● **WHAT IS REQUIRED**
The lines to be set down run from the line containing "abbrev pub last_seq : Serde → List ℕ → ℕ" through the final line of the data below; print them exactly and print nothing else.

● **TASK MATERIAL**

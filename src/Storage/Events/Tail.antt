-- ===== src/Storage/Events/Tail.antt =====
-- The number for the next event, from the end of the file.
use open_covibe_web.Common.{
  ◌+◌, ◌-◌, none, some, ◌++◌, ℕ, ◌<◌, ◌≤◌, some, List, [], ◌∷◌, ◌++◌, ◌≡◌, refl, arith, or_else,
  Option, true, length, subst, sym, ◌∙◌, ap,
}
use open_covibe_web.Storage.Events.{
  maximum, Serde, max_seq_in_tail, after, next_seq, values, seqs, seqs_in, lines, scan_max_seq,
  after_newline, skip, tail_size,
}
use open_covibe_web.Storage.Events.Lines.{Ends, lines-tail, values-append, seqs-append}

-- Each number is above those before it, the first above `lo`.
abbrev pub Ascending : ℕ → List ℕ → Type 0
Ascending lo [] = Unit
Ascending lo (n ∷ ns) = (lo < n) × Ascending n ns

-- The last number, or `lo`.
abbrev pub last_of : ℕ → List ℕ → ℕ
last_of lo [] = lo
last_of lo (n ∷ ns) = last_of n ns

pub last_above : (lo : ℕ) (ns : List ℕ) → Ascending lo ns → lo ≤ last_of lo ns
last_above lo [] a = omega arith
last_above lo (n ∷ ns) a = omega (arith, last_above n ns a.1)

-- The greatest number of an ascending list that is not empty is its last.
pub maximum-last :
    (lo n : ℕ) (ns : List ℕ) → Ascending lo (n ∷ ns) → maximum (n ∷ ns) ≡ some (last_of n ns)
maximum-last lo n [] a = refl
maximum-last lo n (m ∷ ns) a = ground (arith, maximum-last n m ns a.1, last_above m ns a.1.1)

last_of-append :
    (lo : ℕ) (xs : List ℕ) (n : ℕ) (ns : List ℕ) → last_of lo (xs ++ n ∷ ns) ≡ last_of n ns
last_of-append lo [] n ns = refl
last_of-append lo (x ∷ xs) n ns = last_of-append x xs n ns

Ascending-end : (lo : ℕ) (xs ys : List ℕ) → Ascending lo (xs ++ ys) → Ascending (last_of lo xs) ys
Ascending-end lo [] ys a = a
Ascending-end lo (x ∷ xs) ys a = Ascending-end x xs ys a.1

maximum-end :
    (lo : ℕ) (xs ys : List ℕ)
    → Ascending lo (xs ++ ys)
    → or_else (maximum ys) (maximum (xs ++ ys)) ≡ maximum (xs ++ ys)
maximum-end lo xs [] a = refl
maximum-end lo [] (n ∷ ns) a = refl
maximum-end lo (x ∷ xs) (n ∷ ns) a = ground (
  arith,
  maximum-last lo x (xs ++ n ∷ ns) a,
  last_of-append x xs n ns,
  maximum-last (last_of lo (x ∷ xs)) n ns (Ascending-end lo (x ∷ xs) (n ∷ ns) a),
)

after-maximum : (ns : List ℕ) → Ascending 0 ns → after (maximum ns) ≡ last_of 0 ns + 1
after-maximum [] a = refl
after-maximum (n ∷ ns) a = ground (arith, maximum-last 0 n ns a)

seqs_in-end :
    (t : Serde) (n : ℕ) (file : List ℕ)
    → Ends (seqs_in t (after_newline (skip n file))) (seqs_in t file)
seqs_in-end t n file =
    let (front, e) = lines-tail n file in
    let end = lines (after_newline (skip n file)) in
    (
      seqs (values t front),
      sym (seqs-append (values t front) (values t end))
          ∙ (ap seqs (sym (values-append t front end)) ∙ ap (λ ls. seqs (values t ls)) e),
    )

Ends-maximum :
    (part whole : List ℕ)
    → Ends part whole
    → Ascending 0 whole
    → or_else (maximum part) (maximum whole) ≡ maximum whole
Ends-maximum part whole (front, e) a =
    subst (λ w. or_else (maximum part) (maximum w) ≡ maximum w) e
      (maximum-end 0 front part (subst (Ascending 0) (sym e) a))

or_else-same : (o : Option ℕ) → or_else o o ≡ o
or_else-same none = refl
or_else-same (some n) = refl

max_seq_in_tail-whole :
    (t : Serde) (file : List ℕ)
    → Ascending 0 (seqs_in t file)
    → or_else (max_seq_in_tail t file) (scan_max_seq t file) ≡ scan_max_seq t file
unfolding max_seq_in_tail
max_seq_in_tail-whole t file a =
    let part = seqs_in t (after_newline (skip (length file - tail_size) file)) in
    ground (
      arith,
      Ends-maximum part (seqs_in t file) (seqs_in-end t (length file - tail_size) file) a,
      or_else-same (scan_max_seq t file),
    )

-- In a readable file whose sequence numbers ascend, the next number is one more than the last, or one,
-- although only the end of the file is read where that has a number.
pub next_seq-last :
    (t : Serde) (file : List ℕ)
    → t.readable file ≡ true
    → Ascending 0 (seqs_in t file)
    → next_seq t file ≡ last_of 0 (seqs_in t file) + 1
unfolding next_seq lines
next_seq-last t [] r a = refl
next_seq-last t (b ∷ bs) r a =
    ground (arith, max_seq_in_tail-whole t (b ∷ bs) a, after-maximum (seqs_in t (b ∷ bs)) a)
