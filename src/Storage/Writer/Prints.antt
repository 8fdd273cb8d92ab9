-- ===== src/Storage/Writer/Prints.antt =====
-- A line that is appended to a file.
use open_covibe_web.Common.{
  ℕ, ◌<◌, true, false, some, List, [], ◌∷◌, ◌++◌, ◌≡◌, refl, arith, ap, ◌∙◌, subst, sym,
}
use open_covibe_web.Models.Json.{Json, get_u64}
use open_covibe_web.Storage.Events.{Serde, is_blank, lines, values, seqs, seqs_in}
use open_covibe_web.Storage.Events.Lines.{
  Printable, is_whole, is_whole-append, lines-append, lines-Printable, values-append, seqs-append,
}
use open_covibe_web.Storage.Events.Tail.{Ascending, last_of}
use open_covibe_web.Storage.Writer.{line_of}

-- What serde_json does for a value: it prints it on a line that reads back as the value, and that a
-- readable file stays readable with.
pub record Prints (t : Serde) (v : Json) : Type 0 where
  pub parses : t.from_str (t.to_string v) ≡ some v
  pub printable : Printable (t.to_string v)
  pub shown : is_blank (t.to_string v) ≡ false
  pub reads : (file : List ℕ) → t.readable file ≡ true → t.readable (file ++ line_of t v) ≡ true

-- A readable file of whole lines, whose numbers ascend.
pub record FileOk (t : Serde) (file : List ℕ) : Type 0 where
  pub whole : is_whole file ≡ true
  pub text : t.readable file ≡ true
  pub ascending : Ascending 0 (seqs_in t file)

values-line : (t : Serde) (v : Json) → Prints t v → values t (t.to_string v ∷ []) ≡ v ∷ []
values-line t v p = ground (arith, p.parses, p.shown)

pub values-append_line :
    (t : Serde) (file : List ℕ) (v : Json)
    → is_whole file ≡ true
    → Prints t v
    → values t (lines (file ++ line_of t v)) ≡ values t (lines file) ++ v ∷ []
values-append_line t file v w p =
    ap (values t) (
      lines-append file (line_of t v) w
      ∙ ap (λ r. lines file ++ r) (lines-Printable (t.to_string v) p.printable))
    ∙ (values-append t (lines file) (t.to_string v ∷ [])
        ∙ ap (λ r. values t (lines file) ++ r) (values-line t v p))

seqs-line : (v : Json) (n : ℕ) → get_u64 "seq" v ≡ some n → seqs (v ∷ []) ≡ n ∷ []
seqs-line v n e = rw e refl

seqs_in-append :
    (t : Serde) (file : List ℕ) (v : Json) (n : ℕ)
    → is_whole file ≡ true
    → Prints t v
    → get_u64 "seq" v ≡ some n
    → seqs_in t (file ++ line_of t v) ≡ seqs_in t file ++ n ∷ []
seqs_in-append t file v n w p e =
    ap seqs (values-append_line t file v w p)
    ∙ (seqs-append (values t (lines file)) (v ∷ [])
        ∙ ap (λ r. seqs_in t file ++ r) (seqs-line v n e))

pub Ascending-snoc :
    (lo n : ℕ) (ns : List ℕ) → Ascending lo ns → last_of lo ns < n → Ascending lo (ns ++ n ∷ [])
Ascending-snoc lo n [] a h = (h, tt)
Ascending-snoc lo n (m ∷ ns) a h = (a.0, Ascending-snoc m n ns a.1 h)

last_of-snoc : (lo n : ℕ) (ns : List ℕ) → last_of lo (ns ++ n ∷ []) ≡ n
last_of-snoc lo n [] = refl
last_of-snoc lo n (m ∷ ns) = last_of-snoc m n ns

-- The last number in a file.
abbrev pub last_seq : Serde → List ℕ → ℕ
last_seq t file = last_of 0 (seqs_in t file)

pub last_seq-append :
    (t : Serde) (file : List ℕ) (v : Json) (n : ℕ)
    → is_whole file ≡ true
    → Prints t v
    → get_u64 "seq" v ≡ some n
    → last_seq t (file ++ line_of t v) ≡ n
last_seq-append t file v n w p e =
    ap (last_of 0) (seqs_in-append t file v n w p e) ∙ last_of-snoc 0 n (seqs_in t file)

pub append-FileOk :
    (t : Serde) (file : List ℕ) (v : Json) (n : ℕ)
    → FileOk t file
    → Prints t v
    → get_u64 "seq" v ≡ some n
    → last_seq t file < n
    → FileOk t (file ++ line_of t v)
append-FileOk t file v n f p e h = record {
  whole = is_whole-append file (t.to_string v);
  text = p.reads file f.text;
  ascending =
      subst (Ascending 0) (sym (seqs_in-append t file v n f.whole p e))
        (Ascending-snoc 0 n (seqs_in t file) f.ascending h);
}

● **ANSWER FOR THE TASK**
abbrev pub last_seq : Serde → List ℕ → ℕ
last_seq t file = last_of 0 (seqs_in t file)

pub last_seq-append :
    (t : Serde) (file : List ℕ) (v : Json) (n : ℕ)
    → is_whole file ≡ true
    → Prints t v
    → get_u64 "seq" v ≡ some n
    → last_seq t (file ++ line_of t v) ≡ n
last_seq-append t file v n w p e =
    ap (last_of 0) (seqs_in-append t file v n w p e) ∙ last_of-snoc 0 n (seqs_in t file)

pub append-FileOk :
    (t : Serde) (file : List ℕ) (v : Json) (n : ℕ)
    → FileOk t file
    → Prints t v
    → get_u64 "seq" v ≡ some n
    → last_seq t file < n
    → FileOk t (file ++ line_of t v)
append-FileOk t file v n f p e h = record {
  whole = is_whole-append file (t.to_string v);
  text = p.reads file f.text;
  ascending =
      subst (Ascending 0) (sym (seqs_in-append t file v n f.whole p e))
        (Ascending-snoc 0 n (seqs_in t file) f.ascending h);
}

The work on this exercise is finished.